* WHAT TO DO *
Within the records below, reproduce without change the lines from the line that has "foyer_read_same j off n (suc" through the line that has "(platform : Platform)", and only those.
____________
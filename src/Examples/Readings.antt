-- ===== src/Examples/Readings.antt =====
-- Descriptors inside an extent and in files of their own.
use vmdk_rs.Base.{ℕ, ◌*◌, ◌≡◌, refl, ltb, if◌then◌else◌, tabulate, arith}
use vmdk_rs.Base.Outcome.{ok}
use vmdk_rs.Io.{Cache, CacheReadSeek}
use vmdk_rs.Text.Utf8.{from_utf8_lossy}
use vmdk_rs.Storage.{sector_size}
use vmdk_rs.Descriptor.{read_descriptor_internal, read_descriptor_file}
use vmdk_rs.Descriptor.Internal.{read_descriptor_internal-nul, read_descriptor_internal-unended}
use vmdk_rs.Descriptor.Lines.{classify, split_lines}
use vmdk_rs.Descriptor.File.{read_descriptor_file-classify}
use vmdk_rs.Examples.Disk.{disk, disk-Serves}

-- Two sectors of text, and zeros behind them.
abbrev text_byte : ℕ → ℕ
text_byte i = if ltb i 515 then 65 else 0

abbrev text_file : Cache
text_file = disk text_byte 2048

abbrev text_at : ℕ → CacheReadSeek
text_at p = record { idx = 0; pos = p }

read_descriptor_internal-nul_example :
    (end : ℕ) × (read_descriptor_internal text_file 1 (text_at 7)
      ≡ ok (from_utf8_lossy (tabulate text_byte (1 * sector_size) 3), text_at end))
read_descriptor_internal-nul_example =
    read_descriptor_internal-nul text_file 0 text_byte 2048
      (disk-Serves text_byte 2048 0 (omega arith)) 1 7 3 (omega arith) (omega arith)
      (λ i l h. ground arith) refl

-- A file without a NUL.
abbrev full_byte : ℕ → ℕ
full_byte i = 65

abbrev full_file : Cache
full_file = disk full_byte 600

read_descriptor_internal-unended_example :
    (end : ℕ) × (read_descriptor_internal full_file 1 (text_at 7)
      ≡ ok (from_utf8_lossy (tabulate full_byte (1 * sector_size) 87), text_at end))
read_descriptor_internal-unended_example =
    read_descriptor_internal-unended full_file 0 full_byte 600
      (disk-Serves full_byte 600 0 (omega arith)) 1 7 87 (omega arith) (λ i l h. omega arith)

-- A file whose first line is not that of a descriptor.
read_descriptor_file-classify_example :
    let file = tabulate full_byte 0 20 in
    read_descriptor_file (disk full_byte 20) 30 (text_at 0) ≡ classify file (split_lines file)
read_descriptor_file-classify_example =
    read_descriptor_file-classify (disk full_byte 20) 0 full_byte 20
      (disk-Serves full_byte 20 0 (omega arith)) (λ i l. omega arith) 30 (omega arith)
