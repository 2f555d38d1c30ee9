-- ===== src/Examples/SpanMaps.antt =====
-- Maps of spans.
use vmdk_rs.Base.{nat_eq, ℕ, ◌≡◌, [], ◌∷◌, some, arith}
use vmdk_rs.Spans.Map.{SpanMap}
use vmdk_rs.Spans.View.{Disjoint, Gapped, value_at, filled, covered, cleared}
use vmdk_rs.Spans.Insert.{insert_span}
use vmdk_rs.Spans.Insert.Fill.{insert_span_fills}
use vmdk_rs.Spans.Remove.{remove_span}
use vmdk_rs.Spans.Remove.Clear.{remove_span_clears}

-- `[0, 4)` of extent 0 and `[6, 8)` of extent 1
abbrev two_extents : SpanMap (ℕ × ℕ)
two_extents = (0, (4, 0)) ∷ (6, (8, 1)) ∷ []

abbrev two_gaps : SpanMap ℕ
two_gaps = (0, 4) ∷ (6, 8) ∷ []

insert_span_fills_example :
    (m' : SpanMap (ℕ × ℕ)) × (insert_span 2 9 7 two_extents ≡ some m')
    × Disjoint 0 m'
    × ((x : ℕ) → value_at m' x ≡ filled 2 9 7 x (value_at two_extents x))
insert_span_fills_example =
    insert_span_fills 2 9 7 two_extents (omega arith, omega arith, (omega arith, omega arith, tt))
      (omega arith)

remove_span_clears_example :
    (m' : SpanMap ℕ) × (remove_span 2 7 two_gaps ≡ some m')
    × Gapped 0 m'
    × ((x : ℕ) → covered m' x ≡ cleared 2 7 x (covered two_gaps x))
remove_span_clears_example =
    remove_span_clears 2 7 two_gaps (omega arith, omega arith, (omega arith, omega arith, tt))
      (omega arith)
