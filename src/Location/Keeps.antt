-- ===== src/Location/Keeps.antt =====
-- A source that is added to the cache of src/foyercache.rs replaces none that is served at another index.
use vmdk_rs.Base.{
  ℕ, zero, suc, ◌<◌, ◌≡◌, refl, ap, ◌∙◌, List, [], ◌∷◌, some, length, get_elem?, replicate, arith,
  inl, inr, Option-cases,
}
use vmdk_rs.Base.Outcome.{Outcome, ok}
use vmdk_rs.Io.{Bytes, IoError}
use vmdk_rs.Sources.{BytesSource, add_source, end_of}
use vmdk_rs.Sources.Read.{add_source_lem}
use vmdk_rs.Foyer.{HybridCache, foyer_read, source_and_end}
use vmdk_rs.Foyer.Setup.{Builder, FoyerCache, History, foyer_cache}
use vmdk_rs.Location.{Platform, host_on}
use vmdk_rs.Open.Handles.{KeepsOthers}

get_elem?-lt :
    (sources : List BytesSource) (j : ℕ) (s : BytesSource)
    → get_elem? sources j ≡ some s
    → j < length sources
get_elem?-lt [] j s e = cc
get_elem?-lt (x ∷ sources) zero s e = omega arith
get_elem?-lt (x ∷ sources) (suc j) s e = omega (arith, get_elem?-lt sources j s e)

end_of-lt :
    (j : ℕ) (sources : List BytesSource) (size : ℕ)
    → end_of j sources ≡ ok size
    → j < length sources
unfolding end_of
end_of-lt j sources size e = elim (Option-cases (get_elem? sources j)) [
  | inl n ↦ absurd (let f = rw n at e in cc f)
  | inr (s, n) ↦ get_elem?-lt sources j s n
]

module _ (foyer : HybridCache) (builder : Builder foyer) (c : FoyerCache foyer builder)
    (held : History foyer builder) where
  foyer_read_same :
      (j off n chlen : ℕ) (sources sources' : List BytesSource) (s : foyer.Store)
      → get_elem? sources' j ≡ get_elem? sources j
      → foyer_read foyer chlen sources' j off (replicate n 0) s
        ≡ foyer_read foyer chlen sources j off (replicate n 0) s
  unfolding foyer_read source_and_end
  foyer_read_same j off n zero sources sources' s e = refl
  foyer_read_same j off n (suc k) sources sources' s e = rw e refl

  end_of_same :
      (j : ℕ) (sources sources' : List BytesSource)
      → get_elem? sources' j ≡ get_elem? sources j
      → end_of j sources' ≡ end_of j sources
  unfolding end_of
  end_of_same j sources sources' e = rw e refl

  pub foyer_cache-KeepsOthers :
      (platform : Platform) → KeepsOthers (host_on platform (foyer_cache foyer builder c held))
  foyer_cache-KeepsOthers platform i j src sources byte size d s =
      let e = (add_source_lem i j src sources).1 d (end_of-lt j sources size s.ends) in
      record {
        ends = end_of_same j sources (add_source i src sources) e ∙ s.ends;
        reads = λ off n p l.
            ap (λ (t : Outcome IoError Bytes × foyer.Store). t.0)
              (foyer_read_same j off n c.chlen sources (add_source i src sources) (held j off n) e)
            ∙ s.reads off n p l;
        fits = s.fits;
      }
____________
* RESULT *
  foyer_read_same j off n (suc k) sources sources' s e = rw e refl

  end_of_same :
      (j : ℕ) (sources sources' : List BytesSource)
      → get_elem? sources' j ≡ get_elem? sources j
      → end_of j sources' ≡ end_of j sources
  unfolding end_of
  end_of_same j sources sources' e = rw e refl

  pub foyer_cache-KeepsOthers :
      (platform : Platform) → KeepsOthers (host_on platform (foyer_cache foyer builder c held))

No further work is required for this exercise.